# Records excerpted from a collection
>>>>

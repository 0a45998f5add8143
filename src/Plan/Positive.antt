-- ===== src/Plan/Positive.antt =====
-- No target bucket of bucket_plan.hpp is empty.
use speed_up.Common.{
  ℕ, ◌-◌, ◌/◌, ◌%◌, ◌^◌, ◌<◌, ◌≤◌, zero, suc, min, ◌≡◌, true, List, [], ◌∷◌, ◌++◌, replicate, All,
  IsPos, All-append, All-reverse, Bool-cases, inl, inr, suc-==_zero, arith,
}
use speed_up.Common.Doubles.{Doubles, IsIeee}
use native.Mathlib.Nat.{le-div_iff_mul-le}
use speed_up.Plan.Valid.{IsValid}
use speed_up.Plan.{
  Kind, uniform, explicit, first_page, geometric, BucketPlan, bump_first, explicit_loop,
  push_remaining, grow, uniform_sizes, explicit_sizes, first_page_sizes, geometric_loop,
  geometric_sizes, target_sizes,
}

bump_first-IsPos : (r : ℕ) (out : List ℕ) → All IsPos out → All IsPos (bump_first r out)
unfolding bump_first
bump_first-IsPos zero out h = h
bump_first-IsPos (suc r) [] h = h
bump_first-IsPos (suc r) (x ∷ out) h = (omega arith, bump_first-IsPos r out h.1)

replicate-IsPos : (n v : ℕ) → 0 < v → All IsPos (replicate n v)
replicate-IsPos zero v h = tt
replicate-IsPos (suc n) v h = (h, replicate-IsPos n v h)

snoc-IsPos : (out : List ℕ) (v : ℕ) → All IsPos out → 0 < v → All IsPos (out ++ v ∷ [])
snoc-IsPos out v h p = All-append IsPos out (v ∷ []) h (p, tt)

push_remaining-IsPos : (out : List ℕ) (r : ℕ) → All IsPos out → All IsPos (push_remaining out r)
push_remaining-IsPos out r h = ground (arith, snoc-IsPos out r h)

explicit_loop-IsPos :
    (m : ℕ) (sizes : List ℕ) (remaining : ℕ) (out : List ℕ)
    → All IsPos sizes
    → All IsPos out
    → All IsPos (explicit_loop m sizes remaining out).0
unfolding explicit_loop
explicit_loop-IsPos m [] remaining out s h = h
explicit_loop-IsPos m (size ∷ rest) remaining out s h = ground (
  arith,
  snoc-IsPos out (min size remaining) h,
  explicit_loop-IsPos m rest (remaining - min size remaining) (out ++ min size remaining ∷ []) s.1,
)

module _ {F : Type 0} ⦃d : Doubles F⦄ where
  -- What the loop knows of `size`: a number from 1 up to 2^63.
  record IsStep (size : F) : Type 0 where
    at_least : d.le (d.of_size 1) size ≡ true
    at_most : d.le size (d.of_size (2 ^ 63)) ≡ true

  module _ (ieee : IsIeee d) (plan : BucketPlan F) (n : ℕ) (n_pos : 0 < n) (n_small : n ≤ 2 ^ 63)
      (grows : d.le (d.of_size 1) plan.growth ≡ true) where
    grow-IsStep : (size : F) → IsStep size → IsStep (grow plan.growth size n)
    grow-IsStep size s = elim (Bool-cases (d.lt (d.of_size n) (d.mul size plan.growth))) [
      | inl cap ↦ rw cap (record {
        at_least = ieee.of_size_mono 1 n n_pos;
        at_most = ieee.of_size_mono n (2 ^ 63) n_small;
      })
      | inr fits ↦
          let big = ieee.mul-ge_one size plan.growth s.at_least grows in
          rw fits (record {
            at_least = big;
            at_most =
                ieee.le_trans _ _ _
                  (ieee.le_of_not_lt _ _ (ieee.le_self _ _ big).1
                    (ieee.of_size_mono n n (omega arith)) fits)
                  (ieee.of_size_mono n (2 ^ 63) n_small);
          })
    ]

    geometric_loop-IsPos :
        (budget remaining : ℕ) (front back : List ℕ) (size : F)
        → All IsPos front
        → All IsPos back
        → IsStep size
        → All IsPos (geometric_loop plan n budget remaining front back size).front
          × All IsPos (geometric_loop plan n budget remaining front back size).back
    unfolding geometric_loop
    geometric_loop-IsPos zero remaining front back size f b s = (f, b)
    geometric_loop-IsPos (suc zero) remaining front back size f b s = (f, b)
    geometric_loop-IsPos (suc (suc k)) remaining front back size f b s =
        let step = d.ceil_to_size size in
        let taken = min step remaining in
        let left = remaining - taken in
        let taken' = min step left in
        let s' = grow-IsStep size s in
        ground (
          arith,
          ieee.ceil-pos size s.at_least s.at_most,
          snoc-IsPos front taken f,
          snoc-IsPos back taken' b,
          λ (p : All IsPos (front ++ taken ∷ [])).
              geometric_loop-IsPos (suc k) left (front ++ taken ∷ []) back (grow plan.growth size n)
                p b s',
          λ (p : All IsPos (front ++ taken ∷ [])) (q : All IsPos (back ++ taken' ∷ [])).
              geometric_loop-IsPos k (left - taken') (front ++ taken ∷ []) (back ++ taken' ∷ [])
                (grow plan.growth size n) p q s',
        )

  module _ (plan : BucketPlan F) (n : ℕ) (v : IsValid plan) (n_pos : 0 < n)
      (n_small : n < 2 ^ 63) where
    uniform_sizes-IsPos : All IsPos (uniform_sizes plan n)
    unfolding uniform_sizes
    uniform_sizes-IsPos =
        let count = min plan.max_buckets n in
        bump_first-IsPos (n % count) _ (
          replicate-IsPos count (n / count)
            ((le-div_iff_mul-le {k = count} {x = 1} (omega arith)).1 (omega arith)))

    explicit_sizes-IsPos : All IsPos (explicit_sizes plan n)
    unfolding explicit_sizes
    explicit_sizes-IsPos =
        push_remaining-IsPos _ _
          (explicit_loop-IsPos plan.max_buckets plan.sizes n [] v.sizes_pos tt)

    first_page_sizes-IsPos : All IsPos (first_page_sizes plan n)
    unfolding first_page_sizes
    first_page_sizes-IsPos = ground arith

    geometric_sizes-IsPos :
        (ieee : IsIeee d) → plan.page_size ≤ 2 ^ 63 → All IsPos (geometric_sizes plan n)
    unfolding geometric_sizes
    geometric_sizes-IsPos ieee small =
        let start : IsStep (d.of_size plan.page_size) = record {
          at_least = ieee.of_size_mono 1 plan.page_size v.page_pos;
          at_most = ieee.of_size_mono plan.page_size (2 ^ 63) small;
        } in
        let (front, back) =
          geometric_loop-IsPos ieee plan n n_pos (omega arith) v.growth_ge plan.max_buckets n [] []
            (d.of_size plan.page_size) tt tt start in
        All-append IsPos _ _ (push_remaining-IsPos _ _ front) (All-reverse IsPos _ back)

  -- For n from 1 below 2^63, a valid plan, and a page size of at most 2^63, every target size is
  -- positive; `double` behaves as IEEE-754 says.
  pub target_sizes-IsPos :
      (ieee : IsIeee d) (plan : BucketPlan F) (n : ℕ)
      → IsValid plan
      → plan.page_size ≤ 2 ^ 63
      → 0 < n
      → n < 2 ^ 63
      → All IsPos (target_sizes plan n)
  unfolding target_sizes
  target_sizes-IsPos ieee plan zero v small p h = absurd (omega arith)
  target_sizes-IsPos ieee plan (suc n) v small p h = rw (suc-==_zero n) (by_kind plan.kind)
    where
      by_kind :
          (kind : Kind)
          → All IsPos (elim kind [
            | uniform ↦ uniform_sizes plan (suc n)
            | explicit ↦ explicit_sizes plan (suc n)
            | first_page ↦ first_page_sizes plan (suc n)
            | geometric ↦ geometric_sizes plan (suc n)
          ])
      by_kind uniform = uniform_sizes-IsPos plan (suc n) v p h
      by_kind explicit = explicit_sizes-IsPos plan (suc n) v p h
      by_kind first_page = first_page_sizes-IsPos plan (suc n) v p h
      by_kind geometric = geometric_sizes-IsPos plan (suc n) v p h ieee small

<<<<

# Work instruction
Output only the lines from the line that contains "geometric_sizes-IsPos ieee small" through the end of the entries, both included, exactly as they appear.

# Answer to the exercise
    geometric_sizes-IsPos ieee small =
        let start : IsStep (d.of_size plan.page_size) = record {
          at_least = ieee.of_size_mono 1 plan.page_size v.page_pos;
          at_most = ieee.of_size_mono plan.page_size (2 ^ 63) small;
        } in
        let (front, back) =
          geometric_loop-IsPos ieee plan n n_pos (omega arith) v.growth_ge plan.max_buckets n [] []
            (d.of_size plan.page_size) tt tt start in
        All-append IsPos _ _ (push_remaining-IsPos _ _ front) (All-reverse IsPos _ back)

  -- For n from 1 below 2^63, a valid plan, and a page size of at most 2^63, every target size is
  -- positive; `double` behaves as IEEE-754 says.
  pub target_sizes-IsPos :
      (ieee : IsIeee d) (plan : BucketPlan F) (n : ℕ)
      → IsValid plan
      → plan.page_size ≤ 2 ^ 63
      → 0 < n
      → n < 2 ^ 63
      → All IsPos (target_sizes plan n)
  unfolding target_sizes
  target_sizes-IsPos ieee plan zero v small p h = absurd (omega arith)
  target_sizes-IsPos ieee plan (suc n) v small p h = rw (suc-==_zero n) (by_kind plan.kind)
    where
      by_kind :
          (kind : Kind)
          → All IsPos (elim kind [
            | uniform ↦ uniform_sizes plan (suc n)
            | explicit ↦ explicit_sizes plan (suc n)
            | first_page ↦ first_page_sizes plan (suc n)
            | geometric ↦ geometric_sizes plan (suc n)
          ])
      by_kind uniform = uniform_sizes-IsPos plan (suc n) v p h
      by_kind explicit = explicit_sizes-IsPos plan (suc n) v p h
      by_kind first_page = first_page_sizes-IsPos plan (suc n) v p h
      by_kind geometric = geometric_sizes-IsPos plan (suc n) v p h ieee small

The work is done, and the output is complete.